Whatever the exact meaning of the name, it indicates God’s total power and
guarantees his ability to compel the Egyptians to let Israel go (3:13–22). The second problem
that Moses anticipates is that the Egyptians will not believe him. To answer their doubts he is
given three signs to persuade them that God has spoken to him. His staff will turn into a
serpent when thrown on the ground. The skin of his hand will peel off like snow when he puts
it inside his cloak. Finally, when he pours water on the ground, it will turn to blood (4:1–9).
Apparently convinced by these signs, Moses raises yet a third objection: he is no good
at speaking. To deal with this, God appoints Aaron, Moses’ brother, to speak on his behalf.

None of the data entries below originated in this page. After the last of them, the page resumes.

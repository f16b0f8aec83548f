-- ===== src/Session/Ended.antt =====
-- A session of src/protocol/session.c that has ended stays ended: whatever is called on it except
-- `session_wipe`, which clears it.
use mldsa_auth.Base.{Bool, List, Option, [], arith, false, inl, inr, refl, ℕ, ◌∙◌, ◌∷◌, ◌≡◌, ◌⊎◌}
use mldsa_auth.Crypto.Aead.{Aead}
use mldsa_auth.Handshake.{Ctx}
use mldsa_auth.Pending.{Store}
use mldsa_auth.Session.{Limits, Session, State, Status, expired, failed, is_active, is_empty}
use mldsa_auth.Session.Init.{session_init_from_handshake}
use mldsa_auth.Session.Records.{session_open, session_seal}
use mldsa_auth.Session.Sequence.{Call, not_active, open_call, perform, perform_dead, seal_call}
use mldsa_auth.Session.Terminal.{is_ok}

-- A call of the session layer on one session; the init with the other arguments that it takes.
pub data LayerCall : Type 0 where
  record_call : Call → LayerCall
  init_call :
      (hs : Ctx) (limits : Option Limits) (now : ℕ) (memory : Bool) (pending : Store) (now_wipe : ℕ)
      → LayerCall

-- The status with what was written to the caller's buffer, and the session after the call.
unfoldable pub layer_step : Aead → Session → LayerCall → (Status × List ℕ) × Session
layer_step a s (record_call c) = let o = perform a s c in ((o.status, o.out), o.session)
layer_step a s (init_call hs limits now memory pending now_wipe) =
    let r = session_init_from_handshake s hs limits now memory pending now_wipe in ((r.0, []), r.1)

unfoldable pub layer_run : Aead → Session → List LayerCall → List (Status × List ℕ) × Session
unfolding layer_step
layer_run a s [] = ([], s)
layer_run a s (c ∷ cs) =
    let rest = layer_run a (layer_step a s c).1 cs in ((layer_step a s c).0 ∷ rest.0, rest.1)

-- None of the calls reports success, and none has written a byte.
pub AllRefused : List (Status × List ℕ) → Type 0
AllRefused [] = Unit
AllRefused ((why, out) ∷ rest) = (is_ok why ≡ false) × (out ≡ []) × AllRefused rest

perform_silent :
    (a : Aead) (s : Session) (c : Call) → is_active s.state ≡ false → (perform a s c).out ≡ []
unfolding perform session_seal session_open
perform_silent a s (seal_call now pt pt_at out_at room) dead = ground arith
perform_silent a s (open_call now rec rec_at pt_at room) dead = ground arith

ended_not_empty : (x : State) → (x ≡ expired) ⊎ (x ≡ failed) → is_empty x ≡ false
ended_not_empty x (inl e) = rw e refl
ended_not_empty x (inr e) = rw e refl

ended_step :
    (a : Aead) (s : Session) (c : LayerCall)
    → (s.state ≡ expired) ⊎ (s.state ≡ failed)
    → (is_ok (layer_step a s c).0.0 ≡ false)
      × ((layer_step a s c).0.1 ≡ [])
      × ((layer_step a s c).1 ≡ s)
unfolding layer_step session_init_from_handshake
ended_step a s (record_call c) over =
    let dead = not_active s.state over in
    let (bad, same) = perform_dead a s c dead in (bad, perform_silent a s c dead, same)
ended_step a s (init_call hs limits now memory pending now_wipe) over =
    rw (ended_not_empty s.state over) (refl, refl, refl)

-- On a session that has expired or failed, no sequence of `session_seal`, `session_open` and
-- `session_init_from_handshake` calls has one that
-- succeeds or writes a byte, and none changes the session.
pub ended_forever :
    (a : Aead) (s : Session) (cs : List LayerCall)
    → (s.state ≡ expired) ⊎ (s.state ≡ failed)
    → AllRefused (layer_run a s cs).0 × ((layer_run a s cs).1 ≡ s)
unfolding layer_run AllRefused
ended_forever a s [] over = (tt, refl)
ended_forever a s (c ∷ cs) over =
    let (bad, silent, same) = ended_step a s c over in
    let (refusals, kept) = ended_forever a (layer_step a s c).1 cs (rw same over) in
    ((bad, silent, refusals), kept ∙ same)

Jethro, his father-in-law, encourages him to return to Egypt. The LORD again urges Moses to
return to Egypt, but warns him that Pharaoh will be very reluctant to let the Israelites leave
(4:10–23). It therefore comes as a great shock to read in 4:24 ‘At a lodging place on the way
the LORD met him and sought to put him to death.’ Why should God try to kill Moses, when
he is only obeying the divine instruction to go back to the Pharaoh?

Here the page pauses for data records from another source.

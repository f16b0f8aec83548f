-- ===== src/Session/Nonces.antt =====
-- The nonces under which one session of src/protocol/session.c encrypts, over a run of calls.
use mldsa_auth.Base.{
  List, [], ap, arith, drop, drop-append, false, inl, inr, length, length-replicate, map, refl,
  replicate, some, sym, true, ℕ, ◌++◌, ◌+◌, ◌<◌, ◌^◌, ◌∙◌, ◌∷◌, ◌≡◌, ◌≢◌,
}
use mldsa_auth.Crypto.Aead.{Aead, aead_encrypt}
use mldsa_auth.Session.{
  Session, build_nonce, is_active, limits_valid, load_be64, ok, send_key, session_header_bytes,
  session_record_type, store_be64,
}
use mldsa_auth.Session.Numbers.{length-store_be64, load_be64-store_be64}
use mldsa_auth.Session.Padding.{limits_bound}
use mldsa_auth.Session.Records.{session_seal}
use mldsa_auth.Session.Seal.{reserved, seal_checks, seal_finish_ok, sealed_text}
use mldsa_auth.Session.Sequence.{
  Ascend, Call, Consecutive, accepted, dead_forever, not_active, open_call, perform, perform-Left,
  perform_dead, quiet, run_numbers, seal_call, seal_ok, sent, sent_by,
}
use mldsa_auth.Session.Terminal.{Left, ended, is_ok, refused, went_on}

-- The call has handed out a record whose ciphertext is the AEAD's, under this key and nonce.
pub record Sealing (a : Aead) (key nonce : List ℕ) (s : Session) (c : Call) : Type 0 where
  pub header : List ℕ
  pub ad : List ℕ
  pub inner : List ℕ
  pub ciphertext : List ℕ
  pub size : length header ≡ session_header_bytes
  pub handed_out : (perform a s c).out ≡ header ++ ciphertext
  pub encrypted : a.encrypt key nonce ad inner ≡ some ciphertext

-- Each record that a run hands out is encrypted under the key, and these are the nonces, in order.
pub data SealedUnder (a : Aead) (key : List ℕ) : Session → List Call → List (List ℕ) → Type 0 where
  no_call : {s : Session} → SealedUnder a key s [] []
  no_record :
      {s : Session} {c : Call} {cs : List Call} {nonces : List (List ℕ)}
      → sent_by c (perform a s c) ≡ []
      → SealedUnder a key (perform a s c).session cs nonces
      → SealedUnder a key s (c ∷ cs) nonces
  a_record :
      {s : Session} {c : Call} {cs : List Call} {nonce : List ℕ} {nonces : List (List ℕ)}
      → Sealing a key nonce s c
      → SealedUnder a key (perform a s c).session cs nonces
      → SealedUnder a key s (c ∷ cs) (nonce ∷ nonces)

pub NotAmong : List ℕ → List (List ℕ) → Type 0
NotAmong x [] = Unit
NotAmong x (y ∷ ys) = (x ≢ y) × NotAmong x ys

-- No two of them are equal.
pub AllApart : List (List ℕ) → Type 0
unfolding NotAmong
AllApart [] = Unit
AllApart (x ∷ xs) = NotAmong x xs × AllApart xs

AllBelow : ℕ → List ℕ → Type 0
AllBelow bound [] = Unit
AllBelow bound (x ∷ xs) = (x < bound) × AllBelow bound xs

nonce_number : (n : ℕ) → n < 2 ^ 64 → load_be64 (drop 4 (build_nonce n) ++ []) ≡ n
unfolding build_nonce
nonce_number n h =
    rw (drop-append 4 (replicate 4 0) (store_be64 n) (length-replicate {A = ℕ} 4 0))
      (load_be64-store_be64 n [] h)

build_nonce_inj : (m n : ℕ) → m < 2 ^ 64 → n < 2 ^ 64 → build_nonce m ≡ build_nonce n → m ≡ n
build_nonce_inj m n hm hn e =
    sym (nonce_number m hm) ∙ ap (λ b. load_be64 (drop 4 b ++ [])) e ∙ nonce_number n hn

map-NotAmong :
    (m low : ℕ) (xs : List ℕ)
    → m < low
    → m < 2 ^ 64
    → Ascend low xs
    → AllBelow (2 ^ 64) xs
    → NotAmong (build_nonce m) (map build_nonce xs)
unfolding Ascend AllBelow NotAmong
map-NotAmong m low [] lt small up below = tt
map-NotAmong m low (x ∷ xs) lt small (lo, up) (b, below) = (
  λ e. omega (arith, lt, lo, build_nonce_inj m x small b e),
  map-NotAmong m (x + 1) xs (omega arith) small up below,
)

map-AllApart :
    (low : ℕ) (xs : List ℕ) → Ascend low xs → AllBelow (2 ^ 64) xs → AllApart (map build_nonce xs)
unfolding Ascend AllBelow AllApart
map-AllApart low [] up below = tt
map-AllApart low (x ∷ xs) (lo, up) (b, below) =
    (map-NotAmong x (x + 1) xs (omega arith) b up below, map-AllApart (x + 1) xs up below)

seal-Sealing :
    (a : Aead) (s : Session) (now : ℕ) (pt : List ℕ) (pt_at out_at room : ℕ)
    → limits_valid s.limits ≡ true
    → (session_seal a s now pt pt_at out_at room).status ≡ ok
    → Sealing a (send_key s) (build_nonce s.send_seq) s (seal_call now pt pt_at out_at room)
      × (sent_by (seal_call now pt pt_at out_at room) (session_seal a s now pt pt_at out_at room)
          ≡ s.send_seq ∷ [])
      × (s.send_seq < 2 ^ 64)
unfolding perform aead_encrypt sent_by
seal-Sealing a s now pt pt_at out_at room valid h =
    let (c, e) = seal_checks a s now pt pt_at out_at room h in
    let (ct, enc, size, fin) =
      seal_finish_ok (reserved a s now pt pt_at out_at room) s.send_seq _
        (sealed_text a s now pt pt_at out_at room) (rw e at h) in
    let (number, send, recv) = seal_ok a s now pt pt_at out_at room valid h in
    (
      record {
        header = session_record_type ∷ store_be64 s.send_seq;
        ad = _;
        inner = _;
        ciphertext = ct;
        size = omega (arith, length-store_be64 s.send_seq);
        handed_out = rw (e ∙ fin) refl;
        encrypted = enc;
      },
      rw (h, number) refl,
      omega (arith, (limits_bound s.limits valid).0, c.below),
    )

-- A session that is not active hands out nothing, under whatever key.
dead_sealed :
    (a : Aead) (key : List ℕ) (s : Session) (cs : List Call)
    → is_active s.state ≡ false
    → SealedUnder a key s cs (map build_nonce (sent a s cs))
unfolding sent
dead_sealed a key s [] dead = no_call
dead_sealed a key s (c ∷ cs) dead =
    let (bad, same) = perform_dead a s c dead in
    let (none_sent, none_accepted) = quiet c (perform a s c) bad in
    let rest = dead_sealed a key (perform a s c).session cs (rw same dead) in
    rw none_sent (no_record none_sent rest)

-- The records of a run are sealed under one key, and their numbers fit into 64 bits.
abbrev IsSealed : Aead → List ℕ → Session → List Call → Type 0
IsSealed a key s cs =
    SealedUnder a key s cs (map build_nonce (sent a s cs)) × AllBelow (2 ^ 64) (sent a s cs)

quiet-IsSealed :
    (a : Aead) (key : List ℕ) (s : Session) (c : Call) (cs : List Call)
    → sent_by c (perform a s c) ≡ []
    → IsSealed a key (perform a s c).session cs
    → IsSealed a key s (c ∷ cs)
unfolding sent
quiet-IsSealed a key s c cs e (rest, below) = rw e (no_record e rest, below)

ok-IsSealed :
    (a : Aead) (key : List ℕ) (s : Session) (c : Call) (cs : List Call)
    → limits_valid s.limits ≡ true
    → send_key s ≡ key
    → (perform a s c).status ≡ ok
    → IsSealed a key (perform a s c).session cs
    → IsSealed a key s (c ∷ cs)
unfolding sent perform AllBelow sent_by
ok-IsSealed a key s (seal_call now pt pt_at out_at room) cs valid k h (rest, below) =
    let (sealing, e, small) = seal-Sealing a s now pt pt_at out_at room valid h in
    rw e (a_record (rw k at sealing) rest, (small, below))
ok-IsSealed a key s (open_call now rec rec_at pt_at room) cs valid k h rest =
    quiet-IsSealed a key s (open_call now rec rec_at pt_at room) cs refl rest

IsSealed-cons :
    (a : Aead) (key : List ℕ) (s : Session) (c : Call) (cs : List Call)
    → limits_valid s.limits ≡ true
    → send_key s ≡ key
    → Left s (perform a s c)
    → (limits_valid (perform a s c).session.limits ≡ true
        → send_key (perform a s c).session ≡ key
        → IsSealed a key (perform a s c).session cs)
    → IsSealed a key s (c ∷ cs)
unfolding AllBelow
IsSealed-cons a key s c cs valid k (refused why same) rest =
    let bad : is_ok (perform a s c).status ≡ false = elim why [
      | inl e ↦ rw e refl
      | inr e ↦ rw e refl
    ] in
    quiet-IsSealed a key s c cs (quiet c (perform a s c) bad).0
      (rest (rw same valid) (ap (λ t. send_key t) same ∙ k))
IsSealed-cons a key s c cs valid k (went_on h up keys l) rest =
    ok-IsSealed a key s c cs valid k h (rest (rw l valid) (rw (keys, send_key) k))
IsSealed-cons a key s c cs valid k (ended bad e) rest =
    let dead = not_active _ e.state in
    quiet-IsSealed a key s c cs (quiet c (perform a s c) bad).0 (
      dead_sealed a key (perform a s c).session cs dead,
      rw (dead_forever a (perform a s c).session cs dead).0 tt,
    )

IsSealed-run :
    (a : Aead) (key : List ℕ) (s : Session) (cs : List Call)
    → limits_valid s.limits ≡ true
    → send_key s ≡ key
    → IsSealed a key s cs
unfolding sent AllBelow
IsSealed-run a key s [] valid k = (no_call, tt)
IsSealed-run a key s (c ∷ cs) valid k =
    IsSealed-cons a key s c cs valid k (perform-Left a s c valid)
      (IsSealed-run a key (perform a s c).session cs)

-- Over any seal and open calls on a session with valid limits, the records handed out carry greater
-- and greater numbers, from `send_seq` on; the ciphertext of each is the AEAD's under the session's
-- send key and the nonce that `build_nonce` makes of its number, and no two of these nonces are
-- equal. The records that are accepted are numbered by `recv_seq` and so on, without a gap.
pub run_nonces :
    (a : Aead) (s : Session) (cs : List Call)
    → limits_valid s.limits ≡ true
    → Ascend s.send_seq (sent a s cs)
      × Consecutive s.recv_seq (accepted a s cs)
      × SealedUnder a (send_key s) s cs (map build_nonce (sent a s cs))
      × AllApart (map build_nonce (sent a s cs))
run_nonces a s cs valid =
    let (up, seq) = run_numbers a s cs valid in
    let (sealed, below) = IsSealed-run a (send_key s) s cs valid refl in
    (up, seq, sealed, map-AllApart s.send_seq (sent a s cs) up below)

Similar questions arise in Genesis 32:24–30, when a ‘man’ wrestles with Jacob,
although he was returning at God’s behest to Canaan, and in Numbers 22:22–35, when the
angel of the LORD, sword in hand, opposes Balaam on his mission to bless Israel. On all
these occasions complete readiness to obey the will of God was essential, but Moses’ failure
to circumcise his son could have been a sign of his half- heartedness, for circumcision was a
prerequisite for participation in the Passover, which preceded the exodus (12:48). Moses’

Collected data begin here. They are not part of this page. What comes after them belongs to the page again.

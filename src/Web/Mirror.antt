-- ===== src/Web/Mirror.antt =====
-- web/*.go and api/*.go: a page and the API show the same.
use xensus.Base.{
  ℕ, suc, ◌≡◌, refl, sym, ap, false, ◌&&◌, Bool-cases, inl, inr, Option, Option-cases, List, [],
  ◌==◌, ◌∷◌, Text, is_empty, trim_space, arith,
}
use xensus.Sql.{select_first}
use xensus.Store.Schema.{Details, Person, SystemRow}
use xensus.Store.Session.{Session, query_row}
use xensus.Store.Persons as StorePersons
use xensus.Store.Systems as StoreSystems
use xensus.Store.Listings.{
  scan_all, list_persons, list_systems, list_disabled_systems, count_disabled_systems,
  list_active_stewards, list_pending_stewards, list_associations_for_person, is_registry_empty,
}
use xensus.Store.Audit.{list_audit_for_entity, list_audit, list_audit_actors, audit_limit}
use xensus.Config.{Access}
use xensus.Auth.{User}
use xensus.Id.{parse, Parsed, id, invalid}
use xensus.Api.Systems.{parse_row_id}
use xensus.Api.Gates.{Read, reader_of}
use xensus.Api.Gates
use xensus.Api.AuditLog.{audit_query_from}
use xensus.Web.Landing.{is_steward}
use xensus.Web.Rows.{Display}
use xensus.Web.Pages.{self_oid, Filter}
use xensus.Web.Visits.{PageRead, page_of}
use xensus.Web.Visits
use xensus.Web.Twins.{
  Twins, persons_twins, person_twins, links_twins, systems_twins, disabled_twins, system_twins,
  stewards_twins, audit_twins, as_params, Match,
}

scan_all-scan_all :
    {A B C : Type 0} (f : B → C) (g : A → B) (xs : List A)
    → scan_all f (scan_all g xs) ≡ scan_all (λ x. f (g x)) xs
unfolding scan_all
scan_all-scan_all f g [] = refl
scan_all-scan_all f g (x ∷ xs) = ap (λ ys. f (g x) ∷ ys) (scan_all-scan_all f g xs)

disabled-Match :
    (w : Display) (access : Access) (marshal : Details → Text) (user : Option User) (s : Session)
    → ((n : ℕ) → s.driver.fails n ≡ false)
    → Match w
        (self_oid user)
        (reader_of marshal Gates.get_systems_disabled user s).0
        (page_of w access Visits.get_disabled_systems user s).0
unfolding list_disabled_systems query_row
disabled-Match w access marshal user s works =
    rw (works s.tick) (inr (_, _, refl, refl, sym (scan_all-scan_all _ _ _)))

systems-Match :
    (w : Display) (access : Access) (marshal : Details → Text) (q : Text) (user : Option User)
    (s : Session)
    → ((n : ℕ) → s.driver.fails n ≡ false)
    → Match w
        (self_oid user)
        (reader_of marshal (Gates.get_systems q) user s).0
        (page_of w access (Visits.get_systems q) user s).0
unfolding list_systems count_disabled_systems query_row
systems-Match w access marshal q user s works =
    rw (works s.tick, works (suc s.tick)) (inr (_, _, refl, refl, sym (scan_all-scan_all _ _ _)))

stewards-Match :
    (w : Display) (access : Access) (marshal : Details → Text) (user : Option User) (s : Session)
    → ((n : ℕ) → s.driver.fails n ≡ false)
    → Match w
        (self_oid user)
        (reader_of marshal Gates.get_stewards user s).0
        (page_of w access Visits.get_stewards user s).0
unfolding list_active_stewards list_pending_stewards query_row
stewards-Match w access marshal user s works =
    rw (works s.tick, works (suc s.tick))
      (inr (_, _, refl, refl, (sym (scan_all-scan_all _ _ _), sym (scan_all-scan_all _ _ _))))

persons-Match :
    (w : Display) (access : Access) (marshal : Details → Text) (q : Text) (user : Option User)
    (s : Session)
    → ((n : ℕ) → s.driver.fails n ≡ false)
    → Match w
        (self_oid user)
        (reader_of marshal (Gates.get_persons q) user s).0
        (page_of w access (Visits.get_persons q) user s).0
unfolding list_persons is_registry_empty query_row
persons-Match w access marshal q user s works = elim (Bool-cases (is_steward user && is_empty q)) [
  | inl asks ↦
      rw (asks, works s.tick, works (suc s.tick))
        (inr (_, _, refl, refl, sym (scan_all-scan_all _ _ _)))
  | inr not_asked ↦
      rw (not_asked, works s.tick) (inr (_, _, refl, refl, sym (scan_all-scan_all _ _ _)))
]

audit-Match :
    (w : Display) (access : Access) (marshal : Details → Text) (q : Filter) (user : Option User)
    (s : Session)
    → ((n : ℕ) → s.driver.fails n ≡ false)
    → Match w
        (self_oid user)
        (reader_of marshal (Gates.get_audit (as_params q)) user s).0
        (page_of w access (Visits.get_audit q) user s).0
unfolding list_audit list_audit_actors audit_query_from audit_limit query_row trim_space
audit-Match w access marshal q user s works =
    rw (works s.tick, works (suc s.tick)) (inr (_, _, refl, refl, sym (scan_all-scan_all _ _ _)))

person_found-Match :
    (w : Display) (access : Access) (marshal : Details → Text) (path : Text) (user : Option User)
    (s : Session) (n : ℕ)
    → ((n : ℕ) → s.driver.fails n ≡ false)
    → parse path ≡ id n
    → Match w
        (self_oid user)
        (reader_of marshal (Gates.get_person path) user s).0
        (page_of w access (Visits.get_person path) user s).0
      × Match w
          (self_oid user)
          (reader_of marshal (Gates.get_person_associations path) user s).0
          (page_of w access (Visits.get_person path) user s).0
unfolding StorePersons.get_person list_associations_for_person list_systems list_audit_for_entity
    query_row
person_found-Match w access marshal path user s n works parsed =
    let n1 = suc s.tick in
    elim (Option-cases (select_first (λ (p : Person). p.id == n) s.committed.persons.rows)) [
      | inl nobody ↦
          rw (parsed, works s.tick, nobody) (inl (omega arith, refl), inl (omega arith, refl))
      | inr (p, found) ↦
          rw (parsed, works s.tick, found, works n1, works (suc n1), works (suc (suc n1)))
            (inr (_, _, refl, refl, refl), inr (_, _, refl, refl, sym (scan_all-scan_all _ _ _)))
    ]

person-Match :
    (w : Display) (access : Access) (marshal : Details → Text) (path : Text) (user : Option User)
    (s : Session) (x : Parsed)
    → ((n : ℕ) → s.driver.fails n ≡ false)
    → parse path ≡ x
    → Match w
        (self_oid user)
        (reader_of marshal (Gates.get_person path) user s).0
        (page_of w access (Visits.get_person path) user s).0
      × Match w
          (self_oid user)
          (reader_of marshal (Gates.get_person_associations path) user s).0
          (page_of w access (Visits.get_person path) user s).0
person-Match w access marshal path user s (id n) works parsed =
    person_found-Match w access marshal path user s n works parsed
person-Match w access marshal path user s (invalid e) works parsed =
    rw parsed (inl (omega arith, refl), inl (omega arith, refl))

system-Match :
    (w : Display) (access : Access) (marshal : Details → Text) (path : Text) (user : Option User)
    (s : Session)
    → ((n : ℕ) → s.driver.fails n ≡ false)
    → Match w
        (self_oid user)
        (reader_of marshal (Gates.get_system path) user s).0
        (page_of w access (Visits.get_system path) user s).0
unfolding StoreSystems.get_system list_audit_for_entity query_row
system-Match w access marshal path user s works = elim (Option-cases (parse_row_id path)) [
  | inl bad ↦ rw bad (inl (omega arith, refl))
  | inr (n, parsed) ↦
      elim (Option-cases (select_first (λ (r : SystemRow). r.id == n) s.committed.systems.rows)) [
        | inl nothing ↦ rw (parsed, works s.tick, nothing) (inl (omega arith, refl))
        | inr (r, found) ↦
            rw (parsed, works s.tick, found, works (suc s.tick)) (inr (_, _, refl, refl, refl))
      ]
]

-- Where no call of the driver fails, a page beside a route of the API that reads the same: the API
-- answers an error and the page is missing, or the page is the rendering of a view whose rows are
-- the API's, one for one and in the same order.
pub page_of-Mirrors :
    (w : Display) (access : Access) (marshal : Details → Text) (p : PageRead) (r : Read)
    (user : Option User) (s : Session)
    → ((n : ℕ) → s.driver.fails n ≡ false)
    → Twins p r
    → Match w (self_oid user) (reader_of marshal r user s).0 (page_of w access p user s).0
page_of-Mirrors w access marshal p r user s works (persons_twins q) =
    persons-Match w access marshal q user s works
page_of-Mirrors w access marshal p r user s works (person_twins path) =
    (person-Match w access marshal path user s (parse path) works refl).0
page_of-Mirrors w access marshal p r user s works (links_twins path) =
    (person-Match w access marshal path user s (parse path) works refl).1
page_of-Mirrors w access marshal p r user s works (systems_twins q) =
    systems-Match w access marshal q user s works
page_of-Mirrors w access marshal p r user s works disabled_twins =
    disabled-Match w access marshal user s works
page_of-Mirrors w access marshal p r user s works (system_twins path) =
    system-Match w access marshal path user s works
page_of-Mirrors w access marshal p r user s works stewards_twins =
    stewards-Match w access marshal user s works
page_of-Mirrors w access marshal p r user s works (audit_twins q) =
    audit-Match w access marshal q user s works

mission was to lead his people out of Egypt in the exodus in fulfilment of the covenant
promises made to the patriarchs, yet his own son was uncircumcised, even though Abraham
had been warned that failure to circumcise would lead to the person dying suddenly (Gen.
17:14). Only the decisive action of Zipporah saves the family, and by implication the whole
mission.
5:1—7:13: Negotiating with the Pharaoh
After meeting with Aaron and the people, Moses goes in to the Pharaoh and asks that
the Israelites may go and hold a feast in the wilderness for three days. This was of course
much less than they wanted, but even this modest request is harshly rebuffed: indeed, they are
required to find their own straw to make bricks. This leads to bitter recrimination against
Moses and Aaron, who are told that they have only made things worse.
This prompts the LORD to reaffirm his promises of deliverance in the most categoric
terms. He is the LORD, whom the patriarchs knew as God Almighty. He will deliver them
from slavery and bring them to the promised land. So Aaron and Moses return to Pharaoh and
demonstrate their divine call by turning their staff into a serpent. But Pharaoh’s advisers do
the same with their staffs, and although Aaron’s serpent eats up all the other serpents,
Pharaoh refuses to give in and the exodus is no nearer to happening.